INSTRUCTIONS FOR THE TASK — In the entries below, find the line with "let p16 = q256 p16 (take 8 state) in" and print exactly every line from there up to and including the line with "xor_words (take 8", with no other lines.

*** Opening of SOURCE INFORMATION ***

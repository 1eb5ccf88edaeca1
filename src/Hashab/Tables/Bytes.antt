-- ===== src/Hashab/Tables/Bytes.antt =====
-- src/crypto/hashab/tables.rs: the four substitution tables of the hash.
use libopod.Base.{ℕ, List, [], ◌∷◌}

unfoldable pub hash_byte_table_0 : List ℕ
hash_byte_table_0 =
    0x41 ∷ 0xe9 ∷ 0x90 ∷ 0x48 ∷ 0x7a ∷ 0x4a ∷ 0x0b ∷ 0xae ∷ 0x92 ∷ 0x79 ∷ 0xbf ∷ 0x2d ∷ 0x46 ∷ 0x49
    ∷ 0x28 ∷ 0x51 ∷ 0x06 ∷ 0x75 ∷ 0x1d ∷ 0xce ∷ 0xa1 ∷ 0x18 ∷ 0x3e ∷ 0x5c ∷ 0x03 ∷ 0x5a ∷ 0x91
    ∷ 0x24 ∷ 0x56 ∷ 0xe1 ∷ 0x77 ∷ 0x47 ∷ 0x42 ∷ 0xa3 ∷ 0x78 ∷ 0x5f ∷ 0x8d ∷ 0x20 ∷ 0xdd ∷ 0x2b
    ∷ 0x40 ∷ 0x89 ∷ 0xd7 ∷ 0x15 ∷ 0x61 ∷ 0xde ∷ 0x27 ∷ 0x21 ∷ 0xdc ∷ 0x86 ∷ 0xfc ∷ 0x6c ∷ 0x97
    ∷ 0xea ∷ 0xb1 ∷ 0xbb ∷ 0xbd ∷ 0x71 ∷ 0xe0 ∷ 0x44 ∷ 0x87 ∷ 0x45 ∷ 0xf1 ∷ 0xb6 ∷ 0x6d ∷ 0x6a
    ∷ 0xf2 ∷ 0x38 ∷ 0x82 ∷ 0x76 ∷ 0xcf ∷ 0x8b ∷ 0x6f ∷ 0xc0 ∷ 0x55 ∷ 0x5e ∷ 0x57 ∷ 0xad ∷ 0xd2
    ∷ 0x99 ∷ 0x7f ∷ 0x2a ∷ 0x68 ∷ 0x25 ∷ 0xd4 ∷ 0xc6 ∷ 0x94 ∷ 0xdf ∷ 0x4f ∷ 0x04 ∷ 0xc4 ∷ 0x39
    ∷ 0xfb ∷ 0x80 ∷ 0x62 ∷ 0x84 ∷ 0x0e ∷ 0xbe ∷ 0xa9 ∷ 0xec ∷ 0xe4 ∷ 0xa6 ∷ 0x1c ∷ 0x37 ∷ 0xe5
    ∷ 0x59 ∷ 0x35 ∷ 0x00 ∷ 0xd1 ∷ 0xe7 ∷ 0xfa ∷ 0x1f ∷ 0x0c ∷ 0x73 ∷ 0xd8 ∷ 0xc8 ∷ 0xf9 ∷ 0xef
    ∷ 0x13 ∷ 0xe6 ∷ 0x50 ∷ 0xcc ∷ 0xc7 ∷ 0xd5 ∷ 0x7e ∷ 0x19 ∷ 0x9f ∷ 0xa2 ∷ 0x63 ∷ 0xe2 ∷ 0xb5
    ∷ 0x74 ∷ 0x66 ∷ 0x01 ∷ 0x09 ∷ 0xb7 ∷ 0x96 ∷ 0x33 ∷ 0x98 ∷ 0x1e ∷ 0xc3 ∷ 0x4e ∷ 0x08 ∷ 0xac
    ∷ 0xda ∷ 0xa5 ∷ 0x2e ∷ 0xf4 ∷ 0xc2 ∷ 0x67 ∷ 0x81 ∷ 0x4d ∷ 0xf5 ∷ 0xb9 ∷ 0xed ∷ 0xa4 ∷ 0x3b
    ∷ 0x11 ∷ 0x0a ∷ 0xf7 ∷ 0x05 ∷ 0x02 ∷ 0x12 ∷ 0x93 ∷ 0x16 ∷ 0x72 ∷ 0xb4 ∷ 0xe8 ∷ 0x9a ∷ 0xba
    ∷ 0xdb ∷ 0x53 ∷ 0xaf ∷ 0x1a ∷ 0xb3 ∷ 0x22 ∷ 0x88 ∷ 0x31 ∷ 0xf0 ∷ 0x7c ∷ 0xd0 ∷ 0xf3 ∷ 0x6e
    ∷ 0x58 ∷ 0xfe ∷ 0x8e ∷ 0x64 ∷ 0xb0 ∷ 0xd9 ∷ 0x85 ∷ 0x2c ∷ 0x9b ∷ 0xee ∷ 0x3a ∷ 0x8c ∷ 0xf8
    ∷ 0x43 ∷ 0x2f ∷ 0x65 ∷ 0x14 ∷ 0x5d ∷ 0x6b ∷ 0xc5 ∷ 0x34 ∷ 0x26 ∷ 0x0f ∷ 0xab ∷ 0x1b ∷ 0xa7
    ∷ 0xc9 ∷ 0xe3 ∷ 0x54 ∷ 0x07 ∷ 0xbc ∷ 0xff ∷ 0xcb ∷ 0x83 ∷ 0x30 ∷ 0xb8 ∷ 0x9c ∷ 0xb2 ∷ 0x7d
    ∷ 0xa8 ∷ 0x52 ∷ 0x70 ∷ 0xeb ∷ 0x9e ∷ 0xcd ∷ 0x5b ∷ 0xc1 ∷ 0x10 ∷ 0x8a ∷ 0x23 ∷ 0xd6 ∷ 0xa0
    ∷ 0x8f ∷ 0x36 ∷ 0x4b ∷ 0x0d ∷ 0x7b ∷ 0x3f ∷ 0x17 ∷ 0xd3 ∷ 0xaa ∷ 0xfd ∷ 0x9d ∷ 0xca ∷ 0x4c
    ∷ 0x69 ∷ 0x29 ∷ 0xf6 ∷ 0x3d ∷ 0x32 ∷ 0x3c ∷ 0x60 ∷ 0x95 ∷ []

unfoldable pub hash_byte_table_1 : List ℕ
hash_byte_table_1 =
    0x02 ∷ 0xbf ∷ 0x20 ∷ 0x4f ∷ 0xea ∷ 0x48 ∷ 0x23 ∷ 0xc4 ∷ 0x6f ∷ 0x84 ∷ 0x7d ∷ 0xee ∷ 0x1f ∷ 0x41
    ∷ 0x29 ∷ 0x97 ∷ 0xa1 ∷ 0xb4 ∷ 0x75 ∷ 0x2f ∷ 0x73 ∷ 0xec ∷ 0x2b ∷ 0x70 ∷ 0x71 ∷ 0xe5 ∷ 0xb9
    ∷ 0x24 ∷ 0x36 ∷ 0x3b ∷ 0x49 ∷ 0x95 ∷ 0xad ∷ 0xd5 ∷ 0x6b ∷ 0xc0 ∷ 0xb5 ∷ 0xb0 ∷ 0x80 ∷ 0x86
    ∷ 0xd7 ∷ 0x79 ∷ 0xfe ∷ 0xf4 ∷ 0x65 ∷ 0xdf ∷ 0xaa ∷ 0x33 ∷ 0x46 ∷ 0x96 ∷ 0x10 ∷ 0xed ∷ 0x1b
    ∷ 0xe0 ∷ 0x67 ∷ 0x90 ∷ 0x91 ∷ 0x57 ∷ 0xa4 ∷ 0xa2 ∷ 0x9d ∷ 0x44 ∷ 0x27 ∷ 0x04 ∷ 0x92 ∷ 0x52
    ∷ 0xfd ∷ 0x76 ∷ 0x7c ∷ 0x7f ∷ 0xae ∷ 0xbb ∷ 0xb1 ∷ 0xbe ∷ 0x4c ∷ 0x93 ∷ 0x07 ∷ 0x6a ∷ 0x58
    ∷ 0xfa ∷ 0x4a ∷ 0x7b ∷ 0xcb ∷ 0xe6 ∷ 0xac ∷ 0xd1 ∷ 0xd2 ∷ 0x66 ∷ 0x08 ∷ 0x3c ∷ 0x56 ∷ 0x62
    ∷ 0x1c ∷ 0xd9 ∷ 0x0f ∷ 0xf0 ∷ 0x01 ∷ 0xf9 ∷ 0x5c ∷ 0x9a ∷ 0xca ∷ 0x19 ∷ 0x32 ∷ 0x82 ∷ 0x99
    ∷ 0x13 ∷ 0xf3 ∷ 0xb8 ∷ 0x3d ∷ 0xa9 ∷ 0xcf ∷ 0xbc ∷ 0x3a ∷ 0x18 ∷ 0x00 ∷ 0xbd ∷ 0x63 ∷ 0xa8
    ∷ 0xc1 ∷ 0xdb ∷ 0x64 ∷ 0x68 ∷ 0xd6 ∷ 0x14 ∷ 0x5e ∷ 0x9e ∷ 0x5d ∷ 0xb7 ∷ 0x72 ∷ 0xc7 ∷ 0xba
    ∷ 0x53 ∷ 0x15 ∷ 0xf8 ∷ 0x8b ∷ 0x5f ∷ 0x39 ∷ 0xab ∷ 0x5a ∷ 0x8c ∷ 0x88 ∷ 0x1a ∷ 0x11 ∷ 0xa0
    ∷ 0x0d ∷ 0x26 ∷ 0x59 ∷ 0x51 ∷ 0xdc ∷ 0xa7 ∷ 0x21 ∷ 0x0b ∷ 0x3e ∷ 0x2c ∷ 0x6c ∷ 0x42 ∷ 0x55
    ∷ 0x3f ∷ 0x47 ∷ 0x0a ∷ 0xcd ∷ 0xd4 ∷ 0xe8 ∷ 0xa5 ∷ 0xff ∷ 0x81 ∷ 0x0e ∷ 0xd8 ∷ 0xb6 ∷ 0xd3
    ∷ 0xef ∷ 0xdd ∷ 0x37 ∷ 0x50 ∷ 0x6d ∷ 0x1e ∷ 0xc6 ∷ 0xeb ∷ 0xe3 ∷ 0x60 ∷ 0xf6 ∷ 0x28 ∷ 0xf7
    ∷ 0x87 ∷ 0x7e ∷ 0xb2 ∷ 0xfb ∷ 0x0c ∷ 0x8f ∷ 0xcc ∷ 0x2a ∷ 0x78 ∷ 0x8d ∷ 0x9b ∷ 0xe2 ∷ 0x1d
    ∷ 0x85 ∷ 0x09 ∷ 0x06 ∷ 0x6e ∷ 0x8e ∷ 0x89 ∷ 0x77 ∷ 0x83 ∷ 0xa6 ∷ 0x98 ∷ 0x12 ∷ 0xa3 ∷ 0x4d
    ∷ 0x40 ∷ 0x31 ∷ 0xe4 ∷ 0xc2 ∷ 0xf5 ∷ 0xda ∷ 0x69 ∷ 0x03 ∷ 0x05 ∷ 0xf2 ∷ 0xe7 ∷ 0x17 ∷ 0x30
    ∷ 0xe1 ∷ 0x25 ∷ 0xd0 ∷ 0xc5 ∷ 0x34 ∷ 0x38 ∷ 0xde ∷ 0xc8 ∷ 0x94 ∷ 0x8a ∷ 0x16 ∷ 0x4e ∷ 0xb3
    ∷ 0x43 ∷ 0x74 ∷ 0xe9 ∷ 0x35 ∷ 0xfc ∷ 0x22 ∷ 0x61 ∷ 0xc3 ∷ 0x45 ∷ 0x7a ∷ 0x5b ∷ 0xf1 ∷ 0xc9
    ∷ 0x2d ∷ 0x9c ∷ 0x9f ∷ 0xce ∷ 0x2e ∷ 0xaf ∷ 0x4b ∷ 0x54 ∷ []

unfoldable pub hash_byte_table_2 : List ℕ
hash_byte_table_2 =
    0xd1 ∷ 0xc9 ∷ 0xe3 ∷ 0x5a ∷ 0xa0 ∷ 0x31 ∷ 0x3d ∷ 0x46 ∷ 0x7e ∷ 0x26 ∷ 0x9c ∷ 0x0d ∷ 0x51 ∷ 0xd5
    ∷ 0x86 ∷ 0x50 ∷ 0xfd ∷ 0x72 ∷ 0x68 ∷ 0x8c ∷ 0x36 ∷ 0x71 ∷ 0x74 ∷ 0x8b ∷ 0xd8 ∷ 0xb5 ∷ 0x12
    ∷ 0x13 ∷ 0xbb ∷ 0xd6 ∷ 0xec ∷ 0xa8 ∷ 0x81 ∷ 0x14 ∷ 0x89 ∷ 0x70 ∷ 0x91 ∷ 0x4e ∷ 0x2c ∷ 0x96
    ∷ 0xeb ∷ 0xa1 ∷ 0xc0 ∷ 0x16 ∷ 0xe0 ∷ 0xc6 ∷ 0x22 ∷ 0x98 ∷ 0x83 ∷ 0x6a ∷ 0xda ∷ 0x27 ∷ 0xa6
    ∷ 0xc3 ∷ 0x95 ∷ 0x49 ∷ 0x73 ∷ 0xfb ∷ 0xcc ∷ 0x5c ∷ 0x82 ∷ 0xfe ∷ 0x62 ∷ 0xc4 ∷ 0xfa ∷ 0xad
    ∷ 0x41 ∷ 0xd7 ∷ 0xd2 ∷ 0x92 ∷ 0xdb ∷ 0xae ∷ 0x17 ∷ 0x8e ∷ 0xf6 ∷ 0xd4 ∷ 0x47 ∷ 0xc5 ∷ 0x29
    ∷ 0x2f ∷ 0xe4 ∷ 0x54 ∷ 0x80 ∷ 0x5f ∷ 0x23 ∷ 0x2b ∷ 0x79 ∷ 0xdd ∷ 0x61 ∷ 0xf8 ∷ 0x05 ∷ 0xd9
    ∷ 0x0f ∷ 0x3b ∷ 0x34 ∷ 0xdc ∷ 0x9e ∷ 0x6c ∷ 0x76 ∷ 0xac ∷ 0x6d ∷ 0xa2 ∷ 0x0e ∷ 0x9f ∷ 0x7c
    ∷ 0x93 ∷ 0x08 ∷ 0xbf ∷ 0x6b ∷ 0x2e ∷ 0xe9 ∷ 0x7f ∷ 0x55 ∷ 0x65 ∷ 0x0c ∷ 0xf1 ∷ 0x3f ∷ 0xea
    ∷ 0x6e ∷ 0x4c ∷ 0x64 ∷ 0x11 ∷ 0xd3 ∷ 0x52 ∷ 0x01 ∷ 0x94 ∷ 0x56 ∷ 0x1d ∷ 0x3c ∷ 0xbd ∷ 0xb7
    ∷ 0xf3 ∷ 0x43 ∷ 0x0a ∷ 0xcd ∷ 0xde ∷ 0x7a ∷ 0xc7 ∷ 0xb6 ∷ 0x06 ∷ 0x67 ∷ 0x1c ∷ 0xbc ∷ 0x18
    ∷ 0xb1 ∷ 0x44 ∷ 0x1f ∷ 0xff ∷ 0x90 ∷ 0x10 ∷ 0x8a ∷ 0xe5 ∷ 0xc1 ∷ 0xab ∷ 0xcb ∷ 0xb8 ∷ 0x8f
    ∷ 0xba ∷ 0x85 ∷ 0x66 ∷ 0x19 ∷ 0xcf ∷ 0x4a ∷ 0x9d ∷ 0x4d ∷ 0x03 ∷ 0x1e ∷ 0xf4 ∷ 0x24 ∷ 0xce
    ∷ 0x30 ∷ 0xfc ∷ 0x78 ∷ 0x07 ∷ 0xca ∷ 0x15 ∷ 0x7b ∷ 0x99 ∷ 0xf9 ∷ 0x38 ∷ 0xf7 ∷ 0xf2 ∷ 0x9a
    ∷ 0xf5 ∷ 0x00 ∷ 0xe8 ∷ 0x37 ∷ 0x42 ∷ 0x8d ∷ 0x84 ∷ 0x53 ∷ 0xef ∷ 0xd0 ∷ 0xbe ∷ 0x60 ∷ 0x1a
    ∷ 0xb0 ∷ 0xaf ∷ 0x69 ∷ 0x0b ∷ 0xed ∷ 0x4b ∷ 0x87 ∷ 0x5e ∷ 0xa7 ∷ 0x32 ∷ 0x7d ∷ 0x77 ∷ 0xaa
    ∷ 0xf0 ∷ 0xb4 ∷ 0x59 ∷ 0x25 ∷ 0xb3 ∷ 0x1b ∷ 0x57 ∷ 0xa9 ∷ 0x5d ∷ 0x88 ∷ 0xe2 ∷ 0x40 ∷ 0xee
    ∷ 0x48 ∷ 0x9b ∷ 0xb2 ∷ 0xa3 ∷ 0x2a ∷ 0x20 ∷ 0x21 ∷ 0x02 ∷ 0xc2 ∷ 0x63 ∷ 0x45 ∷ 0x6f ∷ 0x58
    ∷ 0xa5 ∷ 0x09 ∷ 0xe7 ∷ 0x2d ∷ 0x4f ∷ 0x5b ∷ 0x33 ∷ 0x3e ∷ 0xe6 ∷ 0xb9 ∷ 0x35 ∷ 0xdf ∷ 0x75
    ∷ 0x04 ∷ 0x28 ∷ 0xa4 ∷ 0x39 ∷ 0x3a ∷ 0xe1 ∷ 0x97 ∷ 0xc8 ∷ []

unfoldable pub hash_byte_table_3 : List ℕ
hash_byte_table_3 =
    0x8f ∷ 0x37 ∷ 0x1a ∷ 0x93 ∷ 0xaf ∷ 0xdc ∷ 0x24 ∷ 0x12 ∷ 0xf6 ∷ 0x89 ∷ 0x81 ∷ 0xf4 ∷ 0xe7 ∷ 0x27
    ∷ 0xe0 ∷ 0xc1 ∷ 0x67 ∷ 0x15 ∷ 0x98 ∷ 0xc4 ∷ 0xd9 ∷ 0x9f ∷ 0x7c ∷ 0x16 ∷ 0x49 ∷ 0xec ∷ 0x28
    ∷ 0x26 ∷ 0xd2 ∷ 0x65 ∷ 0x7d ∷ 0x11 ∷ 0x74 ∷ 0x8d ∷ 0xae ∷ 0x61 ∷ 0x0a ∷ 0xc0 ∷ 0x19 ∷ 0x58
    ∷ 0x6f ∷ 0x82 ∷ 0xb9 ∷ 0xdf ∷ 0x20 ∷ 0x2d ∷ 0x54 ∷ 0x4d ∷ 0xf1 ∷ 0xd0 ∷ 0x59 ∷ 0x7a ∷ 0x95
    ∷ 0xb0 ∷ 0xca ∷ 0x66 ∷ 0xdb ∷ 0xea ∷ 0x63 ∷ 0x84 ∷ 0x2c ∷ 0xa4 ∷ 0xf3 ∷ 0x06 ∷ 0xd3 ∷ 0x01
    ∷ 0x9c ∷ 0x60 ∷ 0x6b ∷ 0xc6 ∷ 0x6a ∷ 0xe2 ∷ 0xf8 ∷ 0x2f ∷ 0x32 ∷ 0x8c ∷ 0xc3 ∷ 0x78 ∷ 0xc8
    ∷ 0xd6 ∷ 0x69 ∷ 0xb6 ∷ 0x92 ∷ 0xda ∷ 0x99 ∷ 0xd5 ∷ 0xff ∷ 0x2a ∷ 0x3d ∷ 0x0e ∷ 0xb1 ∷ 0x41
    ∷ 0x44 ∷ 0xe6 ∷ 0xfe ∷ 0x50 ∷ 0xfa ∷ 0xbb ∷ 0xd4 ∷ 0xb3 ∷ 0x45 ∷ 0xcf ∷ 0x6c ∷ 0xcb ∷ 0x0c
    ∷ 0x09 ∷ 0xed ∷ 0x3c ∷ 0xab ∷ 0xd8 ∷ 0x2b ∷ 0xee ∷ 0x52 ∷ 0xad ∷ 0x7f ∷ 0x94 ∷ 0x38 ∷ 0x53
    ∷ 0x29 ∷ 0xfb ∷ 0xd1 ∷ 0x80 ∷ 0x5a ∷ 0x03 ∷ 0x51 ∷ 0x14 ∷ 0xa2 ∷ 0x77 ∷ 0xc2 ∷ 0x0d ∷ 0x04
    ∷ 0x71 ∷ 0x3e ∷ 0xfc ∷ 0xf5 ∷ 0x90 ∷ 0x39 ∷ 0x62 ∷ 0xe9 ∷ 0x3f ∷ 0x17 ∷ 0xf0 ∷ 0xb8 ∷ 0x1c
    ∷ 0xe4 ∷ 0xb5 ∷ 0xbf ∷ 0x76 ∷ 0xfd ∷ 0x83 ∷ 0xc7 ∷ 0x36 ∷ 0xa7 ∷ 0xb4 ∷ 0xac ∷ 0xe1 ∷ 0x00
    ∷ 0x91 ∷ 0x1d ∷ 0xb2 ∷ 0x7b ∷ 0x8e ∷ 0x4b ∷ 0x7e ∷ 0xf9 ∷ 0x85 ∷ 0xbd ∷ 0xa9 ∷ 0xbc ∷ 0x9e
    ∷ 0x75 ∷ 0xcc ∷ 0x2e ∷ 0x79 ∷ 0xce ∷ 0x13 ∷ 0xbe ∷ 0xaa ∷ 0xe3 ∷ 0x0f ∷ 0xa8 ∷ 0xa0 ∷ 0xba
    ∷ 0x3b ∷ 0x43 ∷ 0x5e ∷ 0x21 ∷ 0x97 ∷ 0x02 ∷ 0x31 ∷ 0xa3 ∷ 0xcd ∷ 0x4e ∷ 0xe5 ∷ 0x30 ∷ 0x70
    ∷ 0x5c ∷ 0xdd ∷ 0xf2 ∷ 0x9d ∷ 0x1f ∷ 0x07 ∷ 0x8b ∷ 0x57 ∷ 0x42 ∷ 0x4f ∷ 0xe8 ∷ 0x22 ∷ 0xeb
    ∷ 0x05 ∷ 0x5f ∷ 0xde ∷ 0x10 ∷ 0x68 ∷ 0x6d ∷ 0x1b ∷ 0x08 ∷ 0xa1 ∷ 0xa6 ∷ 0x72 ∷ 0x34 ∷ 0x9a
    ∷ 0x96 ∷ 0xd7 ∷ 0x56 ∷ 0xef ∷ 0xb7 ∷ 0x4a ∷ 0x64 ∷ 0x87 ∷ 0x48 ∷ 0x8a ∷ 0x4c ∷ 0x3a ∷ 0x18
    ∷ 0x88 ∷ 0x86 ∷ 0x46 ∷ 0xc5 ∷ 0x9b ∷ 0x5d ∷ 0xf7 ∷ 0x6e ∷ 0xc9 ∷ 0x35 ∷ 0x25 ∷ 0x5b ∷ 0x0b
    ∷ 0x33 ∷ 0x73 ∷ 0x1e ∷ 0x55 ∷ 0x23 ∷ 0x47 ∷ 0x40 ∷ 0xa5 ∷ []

*** Close of SOURCE INFORMATION ***
*** Opening of SOURCE INFORMATION ***

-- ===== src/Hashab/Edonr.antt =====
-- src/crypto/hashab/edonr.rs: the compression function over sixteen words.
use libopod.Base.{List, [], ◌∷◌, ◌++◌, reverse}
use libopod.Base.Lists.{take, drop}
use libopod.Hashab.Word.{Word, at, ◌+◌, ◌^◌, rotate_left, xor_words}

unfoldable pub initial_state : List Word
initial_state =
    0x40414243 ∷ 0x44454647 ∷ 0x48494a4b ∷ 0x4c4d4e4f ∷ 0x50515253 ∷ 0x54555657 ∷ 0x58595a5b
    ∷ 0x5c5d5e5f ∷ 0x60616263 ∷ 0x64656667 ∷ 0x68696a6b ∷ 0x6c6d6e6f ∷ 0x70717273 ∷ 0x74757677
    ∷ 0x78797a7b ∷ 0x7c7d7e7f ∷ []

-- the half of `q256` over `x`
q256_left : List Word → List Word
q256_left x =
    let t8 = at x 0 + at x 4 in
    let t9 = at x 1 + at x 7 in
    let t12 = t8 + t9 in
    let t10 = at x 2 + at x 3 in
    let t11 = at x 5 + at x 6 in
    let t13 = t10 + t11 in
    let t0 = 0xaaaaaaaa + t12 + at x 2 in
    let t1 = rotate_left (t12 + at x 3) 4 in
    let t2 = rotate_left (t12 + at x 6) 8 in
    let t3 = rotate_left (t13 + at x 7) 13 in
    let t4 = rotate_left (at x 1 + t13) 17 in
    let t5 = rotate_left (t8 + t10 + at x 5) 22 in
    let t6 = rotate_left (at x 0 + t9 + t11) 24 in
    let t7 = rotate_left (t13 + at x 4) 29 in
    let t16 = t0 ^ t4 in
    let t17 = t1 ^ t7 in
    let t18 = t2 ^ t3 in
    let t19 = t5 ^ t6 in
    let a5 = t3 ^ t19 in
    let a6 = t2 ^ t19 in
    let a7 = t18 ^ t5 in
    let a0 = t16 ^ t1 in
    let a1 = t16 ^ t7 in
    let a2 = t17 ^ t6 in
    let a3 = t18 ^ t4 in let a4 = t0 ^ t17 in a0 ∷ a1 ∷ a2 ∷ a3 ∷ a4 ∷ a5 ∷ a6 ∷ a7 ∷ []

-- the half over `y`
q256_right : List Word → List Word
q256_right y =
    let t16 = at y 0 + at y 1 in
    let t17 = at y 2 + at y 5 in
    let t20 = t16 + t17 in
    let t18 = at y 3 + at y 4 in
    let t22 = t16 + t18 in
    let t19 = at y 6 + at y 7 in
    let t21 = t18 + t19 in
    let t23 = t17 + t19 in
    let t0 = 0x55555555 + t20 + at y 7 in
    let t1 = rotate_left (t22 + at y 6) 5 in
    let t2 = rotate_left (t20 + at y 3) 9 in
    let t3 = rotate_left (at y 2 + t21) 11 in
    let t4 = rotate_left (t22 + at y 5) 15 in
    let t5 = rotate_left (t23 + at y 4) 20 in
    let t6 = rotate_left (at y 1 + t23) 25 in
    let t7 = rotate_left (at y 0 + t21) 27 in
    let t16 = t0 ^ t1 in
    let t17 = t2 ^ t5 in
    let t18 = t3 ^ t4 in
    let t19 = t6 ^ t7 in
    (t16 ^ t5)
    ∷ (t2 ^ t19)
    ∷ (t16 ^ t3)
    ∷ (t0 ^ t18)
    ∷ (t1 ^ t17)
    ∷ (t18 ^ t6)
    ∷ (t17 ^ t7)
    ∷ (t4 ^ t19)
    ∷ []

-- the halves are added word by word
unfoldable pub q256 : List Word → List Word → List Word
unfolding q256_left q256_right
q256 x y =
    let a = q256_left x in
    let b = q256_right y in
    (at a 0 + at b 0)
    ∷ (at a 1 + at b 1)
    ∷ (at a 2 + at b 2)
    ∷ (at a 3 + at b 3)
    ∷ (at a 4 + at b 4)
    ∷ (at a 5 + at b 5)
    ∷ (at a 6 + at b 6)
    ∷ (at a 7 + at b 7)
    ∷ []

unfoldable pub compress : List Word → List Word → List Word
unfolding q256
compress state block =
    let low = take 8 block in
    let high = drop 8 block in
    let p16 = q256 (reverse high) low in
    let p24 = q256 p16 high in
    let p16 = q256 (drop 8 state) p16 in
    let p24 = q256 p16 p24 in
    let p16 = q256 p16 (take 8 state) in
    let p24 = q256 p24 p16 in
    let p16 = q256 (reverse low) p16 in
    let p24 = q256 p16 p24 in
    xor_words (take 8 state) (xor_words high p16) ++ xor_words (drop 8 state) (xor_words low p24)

*** Close of SOURCE INFORMATION ***

YOUR RESPONSE —
    let p16 = q256 p16 (take 8 state) in
    let p24 = q256 p24 p16 in
    let p16 = q256 (reverse low) p16 in
    let p24 = q256 p16 p24 in
    xor_words (take 8 state) (xor_words high p16) ++ xor_words (drop 8 state) (xor_words low p24)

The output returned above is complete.